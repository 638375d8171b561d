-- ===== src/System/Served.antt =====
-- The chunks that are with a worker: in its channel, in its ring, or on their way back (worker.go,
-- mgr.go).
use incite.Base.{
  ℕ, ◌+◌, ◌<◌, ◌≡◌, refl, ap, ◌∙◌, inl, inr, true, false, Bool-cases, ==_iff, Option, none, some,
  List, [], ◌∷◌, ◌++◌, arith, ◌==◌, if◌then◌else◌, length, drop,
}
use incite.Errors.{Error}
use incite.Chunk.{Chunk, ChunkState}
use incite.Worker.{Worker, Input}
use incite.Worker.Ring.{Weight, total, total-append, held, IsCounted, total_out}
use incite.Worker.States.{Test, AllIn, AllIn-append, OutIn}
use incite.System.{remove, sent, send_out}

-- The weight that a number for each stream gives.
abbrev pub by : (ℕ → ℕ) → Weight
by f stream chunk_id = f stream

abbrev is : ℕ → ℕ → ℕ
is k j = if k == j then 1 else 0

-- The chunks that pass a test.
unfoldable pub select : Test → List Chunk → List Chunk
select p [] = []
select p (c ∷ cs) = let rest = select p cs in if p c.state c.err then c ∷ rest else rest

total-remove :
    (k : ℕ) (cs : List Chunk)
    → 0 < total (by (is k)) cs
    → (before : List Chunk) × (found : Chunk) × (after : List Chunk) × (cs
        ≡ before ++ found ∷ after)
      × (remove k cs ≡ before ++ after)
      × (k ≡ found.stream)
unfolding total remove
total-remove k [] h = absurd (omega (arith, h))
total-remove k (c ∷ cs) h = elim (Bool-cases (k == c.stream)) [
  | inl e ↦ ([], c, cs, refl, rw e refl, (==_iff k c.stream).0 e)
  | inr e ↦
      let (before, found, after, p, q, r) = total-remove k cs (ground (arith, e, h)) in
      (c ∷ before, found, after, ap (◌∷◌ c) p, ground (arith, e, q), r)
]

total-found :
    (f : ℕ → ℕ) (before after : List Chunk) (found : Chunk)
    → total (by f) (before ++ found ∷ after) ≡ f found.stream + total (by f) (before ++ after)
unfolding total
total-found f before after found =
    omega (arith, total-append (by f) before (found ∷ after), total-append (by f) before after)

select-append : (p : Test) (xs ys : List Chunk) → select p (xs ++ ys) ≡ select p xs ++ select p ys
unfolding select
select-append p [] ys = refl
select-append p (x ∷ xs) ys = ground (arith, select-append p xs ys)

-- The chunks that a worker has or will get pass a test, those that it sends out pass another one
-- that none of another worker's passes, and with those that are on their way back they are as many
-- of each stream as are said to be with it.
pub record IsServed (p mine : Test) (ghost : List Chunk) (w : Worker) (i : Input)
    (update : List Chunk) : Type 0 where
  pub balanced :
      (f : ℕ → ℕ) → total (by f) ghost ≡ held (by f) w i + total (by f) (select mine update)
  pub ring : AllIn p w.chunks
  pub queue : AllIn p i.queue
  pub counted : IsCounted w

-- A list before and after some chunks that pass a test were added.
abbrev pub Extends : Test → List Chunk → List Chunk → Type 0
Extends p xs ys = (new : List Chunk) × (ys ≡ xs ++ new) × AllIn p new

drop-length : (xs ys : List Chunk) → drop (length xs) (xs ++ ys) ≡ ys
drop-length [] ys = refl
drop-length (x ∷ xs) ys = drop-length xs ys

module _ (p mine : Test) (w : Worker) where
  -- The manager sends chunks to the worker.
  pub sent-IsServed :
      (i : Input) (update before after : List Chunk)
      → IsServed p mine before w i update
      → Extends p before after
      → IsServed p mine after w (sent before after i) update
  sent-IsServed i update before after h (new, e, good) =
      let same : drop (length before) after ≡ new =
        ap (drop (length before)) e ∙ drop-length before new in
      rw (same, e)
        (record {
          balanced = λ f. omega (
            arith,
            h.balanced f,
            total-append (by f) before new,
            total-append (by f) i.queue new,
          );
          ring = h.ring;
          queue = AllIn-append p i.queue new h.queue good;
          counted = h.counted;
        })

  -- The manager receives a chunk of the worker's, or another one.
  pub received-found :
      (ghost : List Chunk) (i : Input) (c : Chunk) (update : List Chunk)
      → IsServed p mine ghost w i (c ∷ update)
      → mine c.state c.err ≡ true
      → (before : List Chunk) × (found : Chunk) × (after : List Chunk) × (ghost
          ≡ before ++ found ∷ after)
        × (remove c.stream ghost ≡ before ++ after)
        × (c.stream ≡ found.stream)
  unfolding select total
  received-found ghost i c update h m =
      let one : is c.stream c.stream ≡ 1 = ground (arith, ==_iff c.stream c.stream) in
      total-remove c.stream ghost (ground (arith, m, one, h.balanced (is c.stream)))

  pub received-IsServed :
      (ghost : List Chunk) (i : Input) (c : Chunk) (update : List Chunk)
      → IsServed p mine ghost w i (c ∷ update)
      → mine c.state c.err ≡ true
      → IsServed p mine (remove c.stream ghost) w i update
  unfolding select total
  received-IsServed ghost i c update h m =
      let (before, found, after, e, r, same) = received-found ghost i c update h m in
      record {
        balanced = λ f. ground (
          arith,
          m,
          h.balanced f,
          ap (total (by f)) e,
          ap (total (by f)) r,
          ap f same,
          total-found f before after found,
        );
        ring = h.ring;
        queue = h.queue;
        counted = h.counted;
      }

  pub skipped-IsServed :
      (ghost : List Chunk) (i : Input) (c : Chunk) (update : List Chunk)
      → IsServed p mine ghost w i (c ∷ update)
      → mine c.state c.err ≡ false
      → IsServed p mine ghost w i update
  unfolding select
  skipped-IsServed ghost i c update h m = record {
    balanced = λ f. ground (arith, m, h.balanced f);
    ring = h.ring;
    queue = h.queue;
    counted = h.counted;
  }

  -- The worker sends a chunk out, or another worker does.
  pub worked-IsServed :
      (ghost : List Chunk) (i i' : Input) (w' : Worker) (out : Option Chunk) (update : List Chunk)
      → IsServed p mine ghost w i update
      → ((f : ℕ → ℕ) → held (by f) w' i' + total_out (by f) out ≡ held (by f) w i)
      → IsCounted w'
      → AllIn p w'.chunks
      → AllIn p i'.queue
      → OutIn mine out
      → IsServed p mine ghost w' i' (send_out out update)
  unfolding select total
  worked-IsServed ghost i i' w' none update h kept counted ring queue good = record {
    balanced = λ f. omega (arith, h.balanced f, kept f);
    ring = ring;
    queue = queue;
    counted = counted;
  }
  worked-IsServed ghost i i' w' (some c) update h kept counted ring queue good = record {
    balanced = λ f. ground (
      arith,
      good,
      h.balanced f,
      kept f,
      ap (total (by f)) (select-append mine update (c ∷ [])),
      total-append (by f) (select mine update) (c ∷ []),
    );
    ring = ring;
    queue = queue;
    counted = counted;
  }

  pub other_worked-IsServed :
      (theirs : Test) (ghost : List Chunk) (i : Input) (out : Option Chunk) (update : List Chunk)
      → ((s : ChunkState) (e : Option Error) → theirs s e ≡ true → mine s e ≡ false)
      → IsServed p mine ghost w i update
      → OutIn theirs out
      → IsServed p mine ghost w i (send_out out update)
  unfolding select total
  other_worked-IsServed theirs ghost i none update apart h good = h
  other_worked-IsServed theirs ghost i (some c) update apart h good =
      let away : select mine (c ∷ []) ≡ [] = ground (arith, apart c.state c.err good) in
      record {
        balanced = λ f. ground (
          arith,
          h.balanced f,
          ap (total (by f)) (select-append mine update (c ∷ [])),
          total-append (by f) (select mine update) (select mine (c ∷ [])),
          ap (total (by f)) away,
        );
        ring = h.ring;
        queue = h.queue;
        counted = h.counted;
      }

Task goal.
Reply with nothing except the number of lines in the records that include the word "each".

Output.
2